Exercise instructions: Tell me how many lines of the entries below include the string "after", and give only the number.

☆ ☆ ☆ ☆

-- ===== src/Store/Flows/Laws.antt =====
-- flow/store/sqlite/flows.go: what a read finds after a put or a deletion.
use llm_agent_flow.Base.{
  ℕ, String, Bool, true, false, Option, none, some, List, [], ◌∷◌, Result, ok, err, ◌==◌,
  if◌then◌else◌, ◌≡◌, refl, sym, subst, arith, eq_iff, eq_refl, Option-cases, String-cases,
  ok-injective, ◌≢◌, ◌∙◌, Option-match, Bool-match, inl, inr,
}
use llm_agent_flow.Store.{
  FlowRecord, Tables, Faults, StoreError, already_exists, empty_id, empty_json, failure,
}
use llm_agent_flow.Store.Flows.{flow_row, upsert_flow, remove_flow, get_flow, put_flow, delete_flow}

-- The record of a flow that is put now; one that was there keeps the time of its creation.
abbrev pub put_record : ℕ → String → String → String → Option FlowRecord → FlowRecord
put_record now id name json old = record {
  id = id;
  name = name;
  created_at = elim old [ none ↦ now | some r ↦ r.created_at ];
  updated_at = now;
  json = json;
}

flow_row-upsert :
    (now : ℕ) (id name json other : String) (rows : List FlowRecord)
    → flow_row other (upsert_flow now id name json rows) ≡ (
        if id == other
        then some (put_record now id name json (flow_row id rows))
        else flow_row other rows)
unfolding upsert_flow
flow_row-upsert now id name json other [] = refl
flow_row-upsert now id name json other (r ∷ rows) = ground (
  arith,
  flow_row-upsert now id name json other rows,
  eq_iff r.id id,
  eq_iff r.id other,
  eq_iff id other,
)

flow_row-remove :
    (id other : String) (rows : List FlowRecord)
    → flow_row other (remove_flow id rows) ≡ (if id == other then none else flow_row other rows)
unfolding remove_flow
flow_row-remove id other [] = ground arith
flow_row-remove id other (r ∷ rows) =
    ground
      (arith, flow_row-remove id other rows, eq_iff r.id id, eq_iff r.id other, eq_iff id other)

-- What a read finds after a call.
abbrev pub Finds : Tables → (String → Option FlowRecord) → Type 0
Finds db rows = (other : String) → flow_row other db.flows ≡ rows other

-- Why a put changes nothing.
pub data PutRefusal (faults : Faults) (id json : String) (create : Bool) (db : Tables)
    : StoreError → Type 0 where
  no_id : id ≡ "" → PutRefusal faults id json create db empty_id
  no_json : json ≡ "" → PutRefusal faults id json create db empty_json
  taken :
      (r : FlowRecord)
      → create ≡ true
      → flow_row id db.flows ≡ some r
      → PutRefusal faults id json create db already_exists
  broken :
      (doing e : String) → faults 0 ≡ some e → PutRefusal faults id json create db (failure doing e)

-- A put that fails before its statement changes nothing. Otherwise the flow has the name and the JSON
-- that were put, and the time of its creation if it was there, no other flow changes, and the call
-- returns that record, or the fault of the second access, which reads it; with `create` the flow was
-- not there.
pub data IsPut (faults : Faults) (now : ℕ) (id name json : String) (create : Bool) (db : Tables)
    : Result StoreError FlowRecord × Tables → Type 0 where
  put_refused :
      (e : StoreError)
      → PutRefusal faults id json create db e
      → IsPut faults now id name json create db (err e, db)
  put_written :
      (db' : Tables)
      → (create ≡ true → flow_row id db.flows ≡ none)
      → Finds db' (λ other.
        if id == other
        then some (put_record now id name json (flow_row id db.flows))
        else flow_row other db.flows)
      → IsPut faults now id name json create db (
        elim (faults 1) [
          | none ↦ ok (put_record now id name json (flow_row id db.flows))
          | some e ↦ err (failure "get flow" e)
        ],
        db',
      )

-- What the read after the write returns.
get_flow-upsert :
    (read : Option String) (now : ℕ) (id name json : String) (db : Tables)
    → get_flow read id (record db { flows = upsert_flow now id name json db.flows }) ≡ (elim read [
      | none ↦ ok (put_record now id name json (flow_row id db.flows))
      | some e ↦ err (failure "get flow" e)
    ])
unfolding get_flow
get_flow-upsert (some e) now id name json db = refl
get_flow-upsert none now id name json db =
    let found : flow_row id (upsert_flow now id name json db.flows)
        ≡ some (put_record now id name json (flow_row id db.flows)) =
      ground (arith, flow_row-upsert now id name json id db.flows, eq_refl id) in
    rw (get_flow, found) refl

IsPut-written :
    (faults : Faults) (now : ℕ) (id name json : String) (create : Bool) (db : Tables)
    → (create ≡ true → flow_row id db.flows ≡ none)
    → IsPut faults now id name json create db (
      get_flow (faults 1) id (record db { flows = upsert_flow now id name json db.flows }),
      record db { flows = upsert_flow now id name json db.flows },
    )
IsPut-written faults now id name json create db absent =
    let db' = record db { flows = upsert_flow now id name json db.flows } in
    subst (λ r. IsPut faults now id name json create db (r, db'))
      (sym (get_flow-upsert (faults 1) now id name json db))
      (put_written db' absent (λ other. flow_row-upsert now id name json other db.flows))

-- A put that fails before its statement changes nothing, for one of the named reasons: an empty id or
-- JSON, a flow that is there already when `create` is set, or a fault of the first access to the
-- database. Otherwise the flow has the name and the JSON that were put, and the time of its creation
-- if it was there, no other flow changes, and the call returns that record, if the second access, which
-- reads it, has no fault, and the fault of that access if it has one; with `create` the flow was not
-- there.
pub put_flow-IsPut :
    (faults : Faults) (now : ℕ) (id name json : String) (create : Bool) (db : Tables)
    → IsPut faults now id name json create db (put_flow faults now id name json create db)
unfolding put_flow
put_flow-IsPut faults now id name json create db =
    let P = IsPut faults now id name json create db in
    Bool-match P (id == "") (λ h. put_refused empty_id (no_id ((eq_iff id "").0 h)))
      (λ h.
        Bool-match P (json == "") (λ h. put_refused empty_json (no_json ((eq_iff json "").0 h)))
          (λ h.
            Bool-match P create
              (λ only.
                Option-match P (faults 0)
                  (λ fine.
                    Option-match P (flow_row id db.flows)
                      (λ absent. IsPut-written faults now id name json create db (λ c. absent))
                      (λ r found. put_refused already_exists (taken r only found)))
                  (λ e fault. put_refused (failure "insert flow" e) (broken "insert flow" e fault)))
              (λ any.
                Option-match P (faults 0)
                  (λ fine. IsPut-written faults now id name json create db (λ c. absurd cc))
                  (λ e fault.
                    put_refused (failure "upsert flow" e) (broken "upsert flow" e fault)))))

pub get_flow-row :
    (fault : Option String) (id : String) (db : Tables) (r : FlowRecord)
    → get_flow fault id db ≡ ok r
    → flow_row id db.flows ≡ some r
unfolding get_flow
get_flow-row (some e) id db r h = absurd cc
get_flow-row none id db r h = elim (Option-cases (flow_row id db.flows)) [
  | inl absent ↦ absurd (cc (simp (get_flow, absent) at h))
  | inr (s, found) ↦
      let same : s ≡ r = ok-injective (simp (get_flow, found) at h) in rw (found, same) refl
]

-- A put leaves every other flow.
put-others :
    (faults : Faults) (now : ℕ) (id name json other : String) (create : Bool) (db : Tables)
    (t : Result StoreError FlowRecord × Tables)
    → IsPut faults now id name json create db t
    → (id == other) ≡ false
    → flow_row other t.1.flows ≡ flow_row other db.flows
put-others faults now id name json other create db t (put_refused e reason) apart = refl
put-others faults now id name json other create db t (put_written db' absent finds) apart =
    finds other ∙ rw (apart) refl

pub put_flow-others :
    (faults : Faults) (now : ℕ) (id name json other : String) (create : Bool) (db : Tables)
    → (id == other) ≡ false
    → flow_row other (put_flow faults now id name json create db).1.flows ≡ flow_row other db.flows
put_flow-others faults now id name json other create db =
    put-others faults now id name json other create db _
      (put_flow-IsPut faults now id name json create db)

create-keeps :
    (faults : Faults) (now : ℕ) (id name json other : String) (db : Tables) (r : FlowRecord)
    (t : Result StoreError FlowRecord × Tables)
    → IsPut faults now id name json true db t
    → flow_row other db.flows ≡ some r
    → flow_row other t.1.flows ≡ some r
create-keeps faults now id name json other db r t (put_refused e reason) h = h
create-keeps faults now id name json other db r t (put_written db' absent finds) h =
    elim (String-cases id other) [
      | inl same ↦ absurd (ground (arith, absent refl, h, same))
      | inr apart ↦ finds other ∙ rw (apart) h
    ]

-- A flow that is created replaces none.
pub put_flow-create :
    (faults : Faults) (now : ℕ) (id name json other : String) (db : Tables) (r : FlowRecord)
    → flow_row other db.flows ≡ some r
    → flow_row other (put_flow faults now id name json true db).1.flows ≡ some r
put_flow-create faults now id name json other db r =
    create-keeps faults now id name json other db r _
      (put_flow-IsPut faults now id name json true db)

get_flow-written :
    (now : ℕ) (id name json : String) (db : Tables) (e : StoreError)
    → get_flow none id (record db { flows = upsert_flow now id name json db.flows }) ≢ err e
unfolding get_flow
get_flow-written now id name json db e h =
    let found : flow_row id (upsert_flow now id name json db.flows)
        ≡ some (put_record now id name json (flow_row id db.flows)) =
      ground (arith, flow_row-upsert now id name json id db.flows, eq_refl id) in
    cc (simp (get_flow, found) at h)

-- A put that fails changed nothing, if it was not the read of the new row that failed.
pub put_flow-failed :
    (faults : Faults) (now : ℕ) (id name json : String) (create : Bool) (db : Tables)
    (e : StoreError)
    → faults 1 ≡ none
    → (put_flow faults now id name json create db).0 ≡ err e
    → (put_flow faults now id name json create db).1 ≡ db
unfolding put_flow
put_flow-failed faults now id name json create db e read =
    let P : Result StoreError FlowRecord × Tables → Type 0 = λ t. t.0 ≡ err e → t.1 ≡ db in
    let wrote : P (
      get_flow (faults 1) id (record db { flows = upsert_flow now id name json db.flows }),
      record db { flows = upsert_flow now id name json db.flows },
    ) =
      rw (read) (λ h. absurd (get_flow-written now id name json db e h)) in
    Bool-match P (id == "") (λ _ _. refl)
      (λ _.
        Bool-match P (json == "") (λ _ _. refl)
          (λ _.
            Bool-match P create
              (λ _.
                Option-match P (faults 0)
                  (λ _. Option-match P (flow_row id db.flows) (λ _. wrote) (λ _ _ _. refl))
                  (λ _ _ _. refl))
              (λ _. Option-match P (faults 0) (λ _. wrote) (λ _ _ _. refl))))

pub delete_flow-others :
    (fault : Option String) (id other : String) (db : Tables)
    → (id == other) ≡ false
    → flow_row other (delete_flow fault id db).1.flows ≡ flow_row other db.flows
unfolding delete_flow
delete_flow-others (some e) id other db apart = refl
delete_flow-others none id other db apart =
    Option-match {B = Option StoreError × Tables}
      (λ t. flow_row other t.1.flows ≡ flow_row other db.flows) (flow_row id db.flows) (λ _. refl)
      (λ r _. flow_row-remove id other db.flows ∙ rw (apart) refl)

pub delete_flow-failed :
    (fault : Option String) (id : String) (db : Tables) (e : StoreError)
    → (delete_flow fault id db).0 ≡ some e
    → (delete_flow fault id db).1 ≡ db
unfolding delete_flow
delete_flow-failed (some e') id db e = λ h. refl
delete_flow-failed none id db e =
    Option-match {B = Option StoreError × Tables} (λ t. t.0 ≡ some e → t.1 ≡ db)
      (flow_row id db.flows) (λ _ _. refl) (λ r _ h. absurd cc)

☆ ☆ ☆ ☆

Task output: 3